PROBLEM DETAILS: Copy the data exactly from the line that contains "closes_next (connection_changed disconnected) es down" through the line that contains "closes_next closed es down", keeping both end lines and leaving out everything else.

THE INPUT:
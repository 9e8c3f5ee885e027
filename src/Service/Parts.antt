-- ===== src/Service/Parts.antt =====
-- Service: what each step does to the counts of the server, and to what the connection's user is told.
use network_ydxlib.Base.{
  ℕ, ◌+◌, ◌≤◌, ◌≡◌, refl, sym, ap, ◌∙◌, some-inj, Bool, Option, none, some, List, [], ◌∷◌, arith,
}
use network_ydxlib.LoopPool.{LoopPool, get_next_loop}
use network_ydxlib.Channel.{Index, new, added, deleted, mask_or, is_none_event, meets}
use network_ydxlib.Poller.{perform, update_channel, update_by, new_events, remove_channel}
use network_ydxlib.Connection.{
  Connection, State, connecting, connected, disconnecting, disconnected, Effect, connection_changed,
  message_came, closed, shut_write, ask, shutdown, shutdown_in_loop, connect_established,
  connect_destroyed, is_connected,
}
use network_ydxlib.Connection.Told.{
  Told, nothing, up, down, over, told, next_after, next_told, IsAt, fresh, running, leaving, left,
  downed, closing, gone,
}
use network_ydxlib.Connection.Calls.{destroyed-off}
use network_ydxlib.Server.{
  Conn, Server, connect_to, new_connection, without, erase, remove_connection_in_loop,
}
use network_ydxlib.Server.Keys
use network_ydxlib.Server.Keys.{one, made}
use network_ydxlib.Service.{closes_in}

-- A connection accepted is established, and none is destroyed.
connect_to-counts :
    (print : ℕ → List ℕ) (k : List ℕ) (sockfd : ℕ) (x : Option ℕ × LoopPool) (s t : Server)
    → connect_to print sockfd x s ≡ some t
    → (Keys.gone k t.posted ≡ Keys.gone k s.posted) × (made k s.posted ≤ made k t.posted)
unfolding connect_to
connect_to-counts print k sockfd (none, q) s t e = absurd (cc e)
connect_to-counts print k sockfd (some l, q) s t e =
    let h = ap (λ x. x.posted) (sym (some-inj e)) in
    (omega (arith, ap (Keys.gone k) h), omega (arith, ap (made k) h))

pub new_connection-counts :
    (print : ℕ → List ℕ) (k : List ℕ) (sockfd : ℕ) (s t : Server)
    → new_connection print sockfd s ≡ some t
    → (Keys.gone k t.posted ≡ Keys.gone k s.posted) × (made k s.posted ≤ made k t.posted)
unfolding new_connection
new_connection-counts print k sockfd s t e =
    connect_to-counts print k sockfd (get_next_loop s.pool) s t e

without-counts :
    (k : List ℕ) (c : Conn) (s t : Server) (o : Option (List (List ℕ × Conn)))
    → without c s o ≡ some t
    → (Keys.gone k t.posted ≡ one k c.name + Keys.gone k s.posted)
      × (made k t.posted ≡ made k s.posted)
unfolding without
without-counts k c s t none e = absurd (cc e)
without-counts k c s t (some m) e =
    let h = ap (λ x. x.posted) (sym (some-inj e)) in
    (omega (arith, ap (Keys.gone k) h), omega (arith, ap (made k) h))

pub remove-counts :
    (k : List ℕ) (c : Conn) (s t : Server)
    → remove_connection_in_loop c s ≡ some t
    → (Keys.gone k t.posted ≡ one k c.name + Keys.gone k s.posted)
      × (made k t.posted ≡ made k s.posted)
unfolding remove_connection_in_loop
remove-counts k c s t e = without-counts k c s t (erase c.name s.connections) e

-- The close callback was called once just if the user has been told of the close.
abbrev pub closes_by : Told → ℕ
closes_by nothing = 0
closes_by up = 0
closes_by down = 0
closes_by over = 1

closes_next :
    (e : Effect) (es : List Effect) (t u : Told)
    → closes_in es ≡ closes_by t
    → next_told e t ≡ some u
    → closes_in (e ∷ es) ≡ closes_by u
unfolding next_told
closes_next (connection_changed connected) es nothing u h n = h ∙ ap closes_by (some-inj n)
closes_next (connection_changed connected) es up u h n = absurd (cc n)
closes_next (connection_changed connected) es down u h n = absurd (cc n)
closes_next (connection_changed connected) es over u h n = absurd (cc n)
closes_next (connection_changed disconnected) es nothing u h n = absurd (cc n)
closes_next (connection_changed disconnected) es up u h n = h ∙ ap closes_by (some-inj n)
closes_next (connection_changed disconnected) es down u h n = absurd (cc n)
closes_next (connection_changed disconnected) es over u h n = absurd (cc n)
closes_next (connection_changed connecting) es nothing u h n = absurd (cc n)
closes_next (connection_changed connecting) es up u h n = absurd (cc n)
closes_next (connection_changed connecting) es down u h n = absurd (cc n)
closes_next (connection_changed connecting) es over u h n = absurd (cc n)
closes_next (connection_changed disconnecting) es nothing u h n = absurd (cc n)
closes_next (connection_changed disconnecting) es up u h n = absurd (cc n)
closes_next (connection_changed disconnecting) es down u h n = absurd (cc n)
closes_next (connection_changed disconnecting) es over u h n = absurd (cc n)
closes_next message_came es nothing u h n = absurd (cc n)
closes_next message_came es up u h n = h ∙ ap closes_by (some-inj n)
closes_next message_came es down u h n = absurd (cc n)
closes_next message_came es over u h n = absurd (cc n)
closes_next closed es nothing u h n = absurd (cc n)
closes_next closed es up u h n = absurd (cc n)
closes_next closed es down u h n = ap (λ k. k + 1) h ∙ ap closes_by (some-inj n)
closes_next closed es over u h n = absurd (cc n)
closes_next shut_write es nothing u h n = h ∙ ap closes_by (some-inj n)
closes_next shut_write es up u h n = h ∙ ap closes_by (some-inj n)
closes_next shut_write es down u h n = h ∙ ap closes_by (some-inj n)
closes_next shut_write es over u h n = h ∙ ap closes_by (some-inj n)

closes_after :
    (e : Effect) (es : List Effect) (o : Option Told) (u : Told)
    → ((t : Told) → o ≡ some t → closes_in es ≡ closes_by t)
    → next_after e o ≡ some u
    → closes_in (e ∷ es) ≡ closes_by u
unfolding next_after
closes_after e es none u h n = absurd (cc n)
closes_after e es (some t) u h n = closes_next e es t u (h t refl) n

pub closes_in-told : (es : List Effect) (t : Told) → told es ≡ some t → closes_in es ≡ closes_by t
unfolding told
closes_in-told [] t e = ap closes_by (some-inj e)
closes_in-told (e ∷ es) t h = closes_after e es (told es) t (closes_in-told es) h

-- At a place of a connection's life.
pub at_deleted :
    {t : Option Told} {s : State} {i : Index} {b : Bool}
    → IsAt t s i b
    → i ≡ deleted
    → (t ≡ some over) × (s ≡ disconnected)
at_deleted fresh e = absurd (cc e)
at_deleted running e = absurd (cc e)
at_deleted leaving e = absurd (cc e)
at_deleted left e = absurd (cc e)
at_deleted downed e = absurd (cc e)
at_deleted closing e = (refl, refl)
at_deleted gone e = absurd (cc e)

pub at_nothing :
    {t : Option Told} {s : State} {i : Index} {b : Bool}
    → IsAt t s i b
    → t ≡ some nothing
    → s ≡ connecting
at_nothing fresh e = refl
at_nothing running e = absurd (cc e)
at_nothing leaving e = absurd (cc e)
at_nothing left e = absurd (cc e)
at_nothing downed e = absurd (cc e)
at_nothing closing e = absurd (cc e)
at_nothing gone e = absurd (cc e)

pub at_over :
    {t : Option Told} {s : State} {i : Index} {b : Bool}
    → IsAt t s i b
    → t ≡ some over
    → s ≡ disconnected
at_over fresh e = absurd (cc e)
at_over running e = absurd (cc e)
at_over leaving e = absurd (cc e)
at_over left e = absurd (cc e)
at_over downed e = absurd (cc e)
at_over closing e = refl
at_over gone e = refl

pub established-added :
    (c : Connection)
    → told c.effects ≡ some nothing
    → c.chan.index ≡ new
    → ((connect_established c).chan.index ≡ added)
      × (told (connect_established c).effects ≡ some up)
unfolding connect_established ask perform update_channel update_by new_events mask_or is_none_event
    meets told next_after next_told
established-added c t i = (rw i refl, rw t refl)

pub destroyed-new :
    (c : Connection)
    → told c.effects ≡ some over
    → c.state ≡ disconnected
    → ((connect_destroyed c).chan.index ≡ new) × (told (connect_destroyed c).effects ≡ some over)
unfolding ask perform remove_channel is_connected
destroyed-new c t s =
    let e = destroyed-off c s refl in (ap (λ x. x.chan.index) e, ap (λ x. told x.effects) e ∙ t)

pub shutdown-kept :
    (own : Bool) (c : Connection)
    → ((shutdown own c).chan.index ≡ c.chan.index)
      × (closes_in (shutdown own c).effects ≡ closes_in c.effects)
unfolding shutdown shutdown_in_loop
shutdown-kept own c = (ground arith, ground arith)

pub shutdown_in_loop-kept :
    (c : Connection)
    → ((shutdown_in_loop c).chan.index ≡ c.chan.index)
      × (closes_in (shutdown_in_loop c).effects ≡ closes_in c.effects)
unfolding shutdown_in_loop
shutdown_in_loop-kept c = (ground arith, ground arith)
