-- ===== src/Service/Stages.antt =====
-- Service: the stages of a connection that a server has.
use network_ydxlib.Base.{
  ℕ, ◌+◌, ◌≤◌, ◌<◌, ◌≡◌, refl, sym, subst, inl, inr, Bool, true, false, Option, some, List, arith,
}
use network_ydxlib.Buffer.{Buffer}
use network_ydxlib.Channel.{Index, new, added, deleted}
use network_ydxlib.Connection.{Connection}
use network_ydxlib.Connection.Told.{Told, nothing, up, over, told, At, at-added}
use network_ydxlib.Connection.Dispatch.{Goes}
use network_ydxlib.Server.{Conn}
use network_ydxlib.Server.Keys.{made, gone}
use network_ydxlib.Server.Owner
use network_ydxlib.Server.Owner.{Reach-IsOwned, Reach-removed}
use network_ydxlib.Service.{Service, closes_in, become}
use network_ydxlib.Service.Parts.{closes_in-told, at_deleted}

-- The stages of a connection: made; established; closed, with its removal asked for; out of the map,
-- with `connectDestroyed` posted; and destroyed. The indices are: whether `connectEstablished` has
-- run, the removals that wait, whether `connectDestroyed` has run, how often that was posted, what
-- the user has been told, and the channel's registration.
pub data Stage : Bool → ℕ → Bool → ℕ → Option Told → Index → Type 0 where
  awaited : Stage false 0 false 0 (some nothing) new
  live : Stage true 0 false 0 (some up) added
  closing : Stage true 1 false 0 (some over) deleted
  removed : Stage true 0 false 1 (some over) deleted
  ended : Stage true 0 true 1 (some over) new

module _ (print : ℕ → List ℕ) (hostport name : List ℕ) (limit : ℕ) (on_message : Buffer → Buffer)
    (me : Conn) where
  pub record IsServed (r : Service) : Type 0 where
    pub owned : Owner.Reach print hostport name limit r.server
    pub once : made me.name r.server.posted ≡ 1
    pub place : At r.conn
    pub stage :
        Stage r.up_run r.asked r.down_run
          (gone me.name r.server.posted)
          (told r.conn.effects)
          r.conn.chan.index

  pub restage :
      {u u' v v' : Bool} {a a' g g' : ℕ} {t t' : Option Told} {i i' : Index}
      → u' ≡ u
      → a' ≡ a
      → v' ≡ v
      → g' ≡ g
      → t' ≡ t
      → i' ≡ i
      → Stage u a v g t i
      → Stage u' a' v' g' t' i'
  restage {u} {u'} {v} {v'} {a} {a'} {g} {g'} {t} {t'} {i} {i'} p q r s x y h =
      subst (λ z. Stage z a' v' g' t' i') (sym p)
        (subst (λ z. Stage u z v' g' t' i') (sym q)
          (subst (λ z. Stage u a z g' t' i') (sym r)
            (subst (λ z. Stage u a v z t' i') (sym s)
              (subst (λ z. Stage u a v g z i') (sym x)
                (subst (λ z. Stage u a v g t z) (sym y) h)))))

  pub Stage-added :
      {u v : Bool} {a g : ℕ} {t : Option Told} {i : Index}
      → Stage u a v g t i
      → i ≡ added
      → (u ≡ true) × (a ≡ 0) × (v ≡ false) × (g ≡ 0) × (t ≡ some up)
  Stage-added awaited e = absurd (cc e)
  Stage-added live e = (refl, refl, refl, refl, refl)
  Stage-added closing e = absurd (cc e)
  Stage-added removed e = absurd (cc e)
  Stage-added ended e = absurd (cc e)

  pub Stage-asked :
      {u v : Bool} {a g : ℕ} {t : Option Told} {i : Index}
      → Stage u a v g t i
      → 0 < a
      → (u ≡ true) × (a ≡ 1) × (v ≡ false) × (g ≡ 0) × (t ≡ some over) × (i ≡ deleted)
  Stage-asked awaited h = absurd (omega (arith, h))
  Stage-asked live h = absurd (omega (arith, h))
  Stage-asked closing h = (refl, refl, refl, refl, refl, refl)
  Stage-asked removed h = absurd (omega (arith, h))
  Stage-asked ended h = absurd (omega (arith, h))

  pub Stage-first :
      {u v : Bool} {a g : ℕ} {t : Option Told} {i : Index}
      → Stage u a v g t i
      → u ≡ false
      → (a ≡ 0) × (v ≡ false) × (g ≡ 0) × (t ≡ some nothing) × (i ≡ new)
  Stage-first awaited e = (refl, refl, refl, refl, refl)
  Stage-first live e = absurd (cc e)
  Stage-first closing e = absurd (cc e)
  Stage-first removed e = absurd (cc e)
  Stage-first ended e = absurd (cc e)

  pub Stage-gone :
      {u v : Bool} {a g : ℕ} {t : Option Told} {i : Index}
      → Stage u a v g t i
      → 0 < g
      → v ≡ false
      → (u ≡ true) × (a ≡ 0) × (g ≡ 1) × (t ≡ some over)
  Stage-gone awaited h e = absurd (omega (arith, h))
  Stage-gone live h e = absurd (omega (arith, h))
  Stage-gone closing h e = absurd (omega (arith, h))
  Stage-gone removed h e = (refl, refl, refl, refl)
  Stage-gone ended h e = absurd (cc e)

  -- The removal finds the connection in the map.
  pub Stage-le :
      {u v : Bool} {a g : ℕ} {t : Option Told} {i : Index}
      → Stage u a v g t i
      → (g ≤ 1) × (a + g ≤ 1)
  Stage-le awaited = (omega arith, omega arith)
  Stage-le live = (omega arith, omega arith)
  Stage-le closing = (omega arith, omega arith)
  Stage-le removed = (omega arith, omega arith)
  Stage-le ended = (omega arith, omega arith)

  -- A registered connection that goes on, or is closed.
  pub become_live :
      (d : Connection) (r : Service)
      → IsServed r
      → r.conn.chan.index ≡ added
      → Goes d
      → IsServed (become d r)
  unfolding become
  become_live d r k i (a, way) =
      let (p, q, v, g, t) = Stage-added k.stage i in
      let before : closes_in r.conn.effects ≡ 0 = closes_in-told r.conn.effects up t in
      record {
        owned = k.owned;
        once = k.once;
        place = a;
        stage = elim way [
          | inl j ↦
              let (u, _, _) = at-added a j in
              restage p (omega (arith, q, before, closes_in-told d.effects up u)) v g u j live
          | inr (_, j) ↦
              let (u, _) = at_deleted a j in
              restage p (omega (arith, q, before, closes_in-told d.effects over u)) v g u j closing
        ];
      }

  -- A connection of which nothing of this changes.
  pub become_same :
      (d : Connection) (r : Service)
      → IsServed r
      → At d
      → told d.effects ≡ told r.conn.effects
      → d.chan.index ≡ r.conn.chan.index
      → closes_in d.effects ≡ closes_in r.conn.effects
      → IsServed (become d r)
  unfolding become
  become_same d r k a t i c = record {
    owned = k.owned;
    once = k.once;
    place = a;
    stage = restage refl (omega (arith, c)) refl refl t i k.stage;
  }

OUTPUT BELOW:
closes_next (connection_changed disconnected) es down u h n = absurd (cc n)
closes_next (connection_changed disconnected) es over u h n = absurd (cc n)
closes_next (connection_changed connecting) es nothing u h n = absurd (cc n)
closes_next (connection_changed connecting) es up u h n = absurd (cc n)
closes_next (connection_changed connecting) es down u h n = absurd (cc n)
closes_next (connection_changed connecting) es over u h n = absurd (cc n)
closes_next (connection_changed disconnecting) es nothing u h n = absurd (cc n)
closes_next (connection_changed disconnecting) es up u h n = absurd (cc n)
closes_next (connection_changed disconnecting) es down u h n = absurd (cc n)
closes_next (connection_changed disconnecting) es over u h n = absurd (cc n)
closes_next message_came es nothing u h n = absurd (cc n)
closes_next message_came es up u h n = h ∙ ap closes_by (some-inj n)
closes_next message_came es down u h n = absurd (cc n)
closes_next message_came es over u h n = absurd (cc n)
closes_next closed es nothing u h n = absurd (cc n)
closes_next closed es up u h n = absurd (cc n)
closes_next closed es down u h n = ap (λ k. k + 1) h ∙ ap closes_by (some-inj n)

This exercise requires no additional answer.